Welche Bedeutung hatte der Gekreuzigte im Leben des hl. Kamillus?
Als er daran dachte, eine „Gruppe von guten Laien zusammenzurufen, um Gott zu verherrlichen und den Dienern der Kranken in ihren Bemühungen zu helfen“, nannte er sie „Kongregation vom Allerheiligsten Kreuz“.
Da ihm der Gekreuzigte in den schwierigen Zeiten der Gründung und auch später geholfen hatte, würde er ihm bei jenem endgültigen Schritt ebenso helfen, vor dem er sich immer etwas gefürchtet hatte: der Sprung, so pflegte er zu sagen, von diesem in das andere Leben. Wem anderen sollte man sich hier anvertrauen als dem Gekreuzigten?
„Auf dem Weg trafen sie einen Mann aus Cyrene namens Simon; ihn zwangen sie, Jesus das Kreuz zu tragen. So kamen sie an den Ort, der Golgota genannt wird, das heißt Schädelhöhe.Über seinem Kopf hatten sie eine Aufschrift angebracht, die seine Schuld angab: Das ist Jesus, der König der Juden.

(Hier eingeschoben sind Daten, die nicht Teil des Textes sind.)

-- ===== src/AgentTeam/Totality.antt =====
-- agentTeam/composition.ts: the entries that a `!` asserts are there.
use discordagent.Base.{
  String, ◌≡◌, not, some, List, [], ◌∷◌, ◌++◌, Result, ok, arith, throw_if, NeverFails,
  NeverFails-bind, NeverFails-throw_if, ◌==◌,
}
use discordagent.Dict.{Dict, get, set, values}
use discordagent.Text.{trim}
use discordagent.AgentTeam.Contracts.{
  Revision, ContractReference, RoleContract, OperatorProfile, AssignmentContext, DiscordBinding,
  AgentTeamConfiguration, TeamError, binding_assignment_conflict, undefined_value,
}
use discordagent.AgentTeam.Checks.{
  require_positive_revision, index_from, index_unique, require_reference, normalize_from,
  normalized_capabilities, assert_subset, broadened, throw_broadened,
}
use discordagent.AgentTeam.Composition.{
  Indexes, build_indexes, build_authorities, fill, find_identity, find_role, find_operator,
  find_assignment, find_binding, role_authority, operator_authority, assignment_authority,
  binding_authority,
}
use discordagent.AgentTeam.Maps.{IsIndexOf, Refers, IsFilled, fill-IsFilled}
use discordagent.AgentTeam.Authority.{AreIndexes, keyed_entries}
use discordagent.AgentTeam.Guarantees.{own_entry}
use discordagent.AgentTeam.Agents.{find_role-Refers, find_operator-Refers}

-- The result is not the `TypeError` of an absent entry.
abbrev pub IsDefined {ℓ} : {A : Type ℓ} → Result TeamError A → Type 0
IsDefined r = NeverFails undefined_value r

pub require_positive_revision-IsDefined :
    (kind id : String) (v : Revision) → IsDefined (require_positive_revision kind id v)
unfolding require_positive_revision
require_positive_revision-IsDefined kind id v = NeverFails-throw_if undefined_value _ _ (λ p. cc)

module _ {T : Type 0} (id_of : T → String) (revision_of : T → Revision) (kind : String) where
  index_from-IsDefined :
      (acc : Dict T) (vs : List T) → IsDefined (index_from id_of revision_of kind acc vs)
  unfolding index_from
  index_from-IsDefined acc [] = tt
  index_from-IsDefined acc (v ∷ vs) = ground (
    arith,
    require_positive_revision-IsDefined kind (id_of v) (revision_of v),
    index_from-IsDefined (set (id_of v) v acc) vs,
  )

  require_reference-IsDefined :
      (owner_kind owner_id : String) (reference : ContractReference) (d : Dict T)
      → IsDefined (require_reference id_of revision_of kind owner_kind owner_id reference d)
  unfolding require_reference
  require_reference-IsDefined owner_kind owner_id reference d = ground arith

normalize_from-IsDefined :
    (kind id : String) (acc cs : List String) → IsDefined (normalize_from kind id acc cs)
unfolding normalize_from
normalize_from-IsDefined kind id acc [] = tt
normalize_from-IsDefined kind id acc (c ∷ cs) =
    ground (arith, normalize_from-IsDefined kind id (acc ++ trim c ∷ []) cs)

normalized-IsDefined :
    (kind id : String) (cs : List String) → IsDefined (normalized_capabilities kind id cs)
unfolding normalized_capabilities
normalized-IsDefined kind id cs = normalize_from-IsDefined kind id [] cs

assert_subset-IsDefined :
    (kind id : String) (cs ceiling : List String) → IsDefined (assert_subset kind id cs ceiling)
unfolding assert_subset
assert_subset-IsDefined kind id cs ceiling = none_broadened (broadened cs ceiling)
  where
    none_broadened : (l : List String) → IsDefined (throw_broadened kind id l)
    none_broadened [] = tt
    none_broadened (b ∷ l) = λ p. cc

module _ (x : Indexes) where
  role_authority-IsDefined : (role : RoleContract) → IsDefined (role_authority x role)
  unfolding role_authority find_identity
  role_authority-IsDefined role = ground (
    arith,
    require_reference-IsDefined (λ i. i.id) (λ i. i.revision) "identity" "role" role.id
        role.identity x.identities,
    normalized-IsDefined "role" role.id role.authority,
  )

  operator_authority-IsDefined :
      (profile : OperatorProfile) → IsDefined (operator_authority x profile)
  unfolding operator_authority
  operator_authority-IsDefined profile = normalized-IsDefined _ _ _

  pub find_role-IsDefined :
      (kind id : String) (ref : ContractReference) → IsDefined (find_role x kind id ref)
  unfolding find_role
  find_role-IsDefined kind id ref = require_reference-IsDefined _ _ _ kind id ref x.roles

  pub find_identity-IsDefined :
      (kind id : String) (ref : ContractReference) → IsDefined (find_identity x kind id ref)
  unfolding find_identity
  find_identity-IsDefined kind id ref = require_reference-IsDefined _ _ _ kind id ref x.identities

  pub find_operator-IsDefined :
      (kind id : String) (ref : ContractReference) → IsDefined (find_operator x kind id ref)
  unfolding find_operator
  find_operator-IsDefined kind id ref =
      require_reference-IsDefined _ _ _ kind id ref x.operator_profiles

  pub find_assignment-IsDefined :
      (kind id : String) (ref : ContractReference) → IsDefined (find_assignment x kind id ref)
  unfolding find_assignment
  find_assignment-IsDefined kind id ref =
      require_reference-IsDefined _ _ _ kind id ref x.assignments

  pub find_binding-IsDefined :
      (kind id : String) (ref : ContractReference) → IsDefined (find_binding x kind id ref)
  unfolding find_binding
  find_binding-IsDefined kind id ref = require_reference-IsDefined _ _ _ kind id ref x.bindings

  -- What a filled map has for an entry that a reference led to.
  pub found_authority :
      {V : Type 0} (id_of : V → String) (revision_of : V → Revision) (kind : String) (vs : List V)
      (body : V → Result TeamError (List String)) (d : Dict V) (rc : Dict (List String))
      (reference : ContractReference) (v : V)
      → IsIndexOf id_of revision_of kind vs d
      → IsFilled id_of body d [] rc
      → Refers id_of revision_of kind d reference v
      → (s : List String) × (get (id_of v) rc ≡ some s)
  found_authority id_of revision_of kind vs body d rc reference v h f r =
      let (s, at, made) =
        f.filled (id_of v) v (own_entry id_of revision_of kind vs d reference v h r) in
      (s, at)

  module _ (c : AgentTeamConfiguration) (indexed : AreIndexes c x) (rc oc : Dict (List String))
      (roles : IsFilled (λ r. r.id) (role_authority x) x.roles [] rc) where
    role_present :
        (kind id : String) (ref : ContractReference) (role : RoleContract)
        → find_role x kind id ref ≡ ok role
        → (s : List String) × (get role.id rc ≡ some s)
    role_present kind id ref role e =
        found_authority _ _ _ c.roles (role_authority x) x.roles rc ref role indexed.roles roles
          (find_role-Refers x kind id ref role e)

    assignment_authority-IsDefined :
        IsFilled (λ o. o.id) (operator_authority x) x.operator_profiles [] oc
        → (p : AssignmentContext) → IsDefined (assignment_authority x rc oc p)
    unfolding assignment_authority
    assignment_authority-IsDefined operators p =
        NeverFails-bind undefined_value (find_role x "assignment" p.id p.role) _
          (find_role-IsDefined "assignment" p.id p.role)
          λ role at_role.
            NeverFails-bind undefined_value (find_operator x "assignment" p.id p.operator_profile) _
              (find_operator-IsDefined "assignment" p.id p.operator_profile)
              λ profile at_profile.
                let (r, has_r) = role_present "assignment" p.id p.role role at_role in
                let (o, has_o) =
                  found_authority _ _ _ c.operator_profiles (operator_authority x)
                    x.operator_profiles oc p.operator_profile profile indexed.operators operators
                    (find_operator-Refers x "assignment" p.id p.operator_profile profile
                      at_profile) in
                rw (has_r, has_o)
                  (NeverFails-bind undefined_value
                    (normalized_capabilities "assignment" p.id p.allowed_capabilities) _
                    (normalized-IsDefined "assignment" p.id p.allowed_capabilities)
                    λ caps _.
                      NeverFails-bind undefined_value
                        (assert_subset "operator profile" profile.id o r) _
                        (assert_subset-IsDefined "operator profile" profile.id o r)
                        λ _ _.
                          NeverFails-bind undefined_value (assert_subset "assignment" p.id caps r) _
                            (assert_subset-IsDefined "assignment" p.id caps r) λ _ _. tt)

    binding_authority-IsDefined : (b : DiscordBinding) → IsDefined (binding_authority x rc b)
    unfolding binding_authority
    binding_authority-IsDefined b =
        NeverFails-bind undefined_value (find_identity x "Discord binding" b.id b.identity) _
          (find_identity-IsDefined "Discord binding" b.id b.identity)
          λ identity _.
            NeverFails-bind undefined_value (find_assignment x "Discord binding" b.id b.assignment)
              _ (find_assignment-IsDefined "Discord binding" b.id b.assignment)
              λ p _.
                NeverFails-bind undefined_value (find_role x "assignment" p.id p.role) _
                  (find_role-IsDefined "assignment" p.id p.role)
                  λ role at_role.
                    let (r, has_r) = role_present "assignment" p.id p.role role at_role in
                    rw has_r (
                      NeverFails-bind undefined_value
                        (throw_if (not (role.identity.id == identity.id))
                          (binding_assignment_conflict b.id p.id))
                        _
                        (NeverFails-throw_if undefined_value (not (role.identity.id == identity.id))
                          (binding_assignment_conflict b.id p.id) (λ q. cc))
                        λ _ _.
                          NeverFails-bind undefined_value
                            (normalized_capabilities "Discord binding" b.id b.eligible_capabilities)
                            _ (normalized-IsDefined "Discord binding" b.id b.eligible_capabilities)
                            λ caps _.
                              NeverFails-bind undefined_value
                                (assert_subset "Discord binding" b.id caps r) _
                                (assert_subset-IsDefined "Discord binding" b.id caps r) λ _ _. tt)

module _ {V : Type 0} (id_of : V → String) (body : V → Result TeamError (List String)) where
  fill-IsDefined :
      (acc : Dict (List String)) (vs : List V)
      → ((v : V) → IsDefined (body v))
      → IsDefined (fill id_of body acc vs)
  unfolding fill
  fill-IsDefined acc [] h = tt
  fill-IsDefined acc (v ∷ vs) h =
      NeverFails-bind undefined_value (body v) _ (h v)
        λ caps _. fill-IsDefined (set (id_of v) caps acc) vs h

index_unique-IsDefined :
    {T : Type 0} (id_of : T → String) (revision_of : T → Revision) (kind : String) (vs : List T)
    → IsDefined (index_unique id_of revision_of kind vs)
unfolding index_unique
index_unique-IsDefined id_of revision_of kind vs = index_from-IsDefined id_of revision_of kind [] vs

pub build_indexes-IsDefined : (c : AgentTeamConfiguration) → IsDefined (build_indexes c)
unfolding build_indexes
build_indexes-IsDefined c =
    NeverFails-bind undefined_value (index_unique _ _ "identity" c.identities) _
      (index_unique-IsDefined _ _ "identity" c.identities)
      λ _ _.
        NeverFails-bind undefined_value (index_unique _ _ "role" c.roles) _
          (index_unique-IsDefined _ _ "role" c.roles)
          λ _ _.
            NeverFails-bind undefined_value
              (index_unique _ _ "operator profile" c.operator_profiles) _
              (index_unique-IsDefined _ _ "operator profile" c.operator_profiles)
              λ _ _.
                NeverFails-bind undefined_value (index_unique _ _ "assignment" c.assignments) _
                  (index_unique-IsDefined _ _ "assignment" c.assignments)
                  λ _ _.
                    NeverFails-bind undefined_value (index_unique _ _ "Discord binding" c.bindings)
                      _ (index_unique-IsDefined _ _ "Discord binding" c.bindings) λ _ _. tt

pub build_authorities-IsDefined :
    (c : AgentTeamConfiguration) (x : Indexes) → AreIndexes c x → IsDefined (build_authorities c x)
unfolding build_authorities
build_authorities-IsDefined c x h =
    NeverFails-bind undefined_value
      (normalized_capabilities "runtime safety policy" "runtime"
        c.runtime_safety.allowed_capabilities)
      _
      (normalized-IsDefined "runtime safety policy" "runtime" c.runtime_safety.allowed_capabilities)
      λ runtime _.
        NeverFails-bind undefined_value (fill _ (role_authority x) [] (values x.roles)) _
          (fill-IsDefined _ (role_authority x) [] (values x.roles) (role_authority-IsDefined x))
          λ rc at_rc.
            NeverFails-bind undefined_value
              (fill _ (operator_authority x) [] (values x.operator_profiles)) _
              (fill-IsDefined _ (operator_authority x) [] (values x.operator_profiles)
                (operator_authority-IsDefined x))
              λ oc at_oc.
                let roles : IsFilled (λ r. r.id) (role_authority x) x.roles [] rc =
                  fill-IsFilled _ _ x.roles [] rc h.roles.distinct (keyed_entries _ _ _ h.roles)
                    at_rc in
                let operators : IsFilled (λ o. o.id) (operator_authority x) x.operator_profiles []
                    oc =
                  fill-IsFilled _ _ x.operator_profiles [] oc h.operators.distinct
                    (keyed_entries _ _ _ h.operators) at_oc in
                NeverFails-bind undefined_value
                  (fill _ (assignment_authority x rc oc) [] (values x.assignments)) _
                  (fill-IsDefined _ (assignment_authority x rc oc) [] (values x.assignments)
                    (assignment_authority-IsDefined x c h rc oc roles operators))
                  λ _ _.
                    NeverFails-bind undefined_value
                      (fill _ (binding_authority x rc) [] (values x.bindings)) _
                      (fill-IsDefined _ (binding_authority x rc) [] (values x.bindings)
                        (binding_authority-IsDefined x c h rc oc roles))
                      λ _ _. tt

Zusammen mit ihm wurden zwei Räuber gekreuzigt, der eine rechts von ihm, der andere links“ (Mt 27,32–38).
Herr Jesus, du rufst uns zu deiner Nachfolge
auf dem Weg des Kreuzes.
Du stößt unsere Träume und Vorhaben um
und bist trotzdem unser Friede ...
Nimm uns an mit unseren Ängsten und Zweifeln ...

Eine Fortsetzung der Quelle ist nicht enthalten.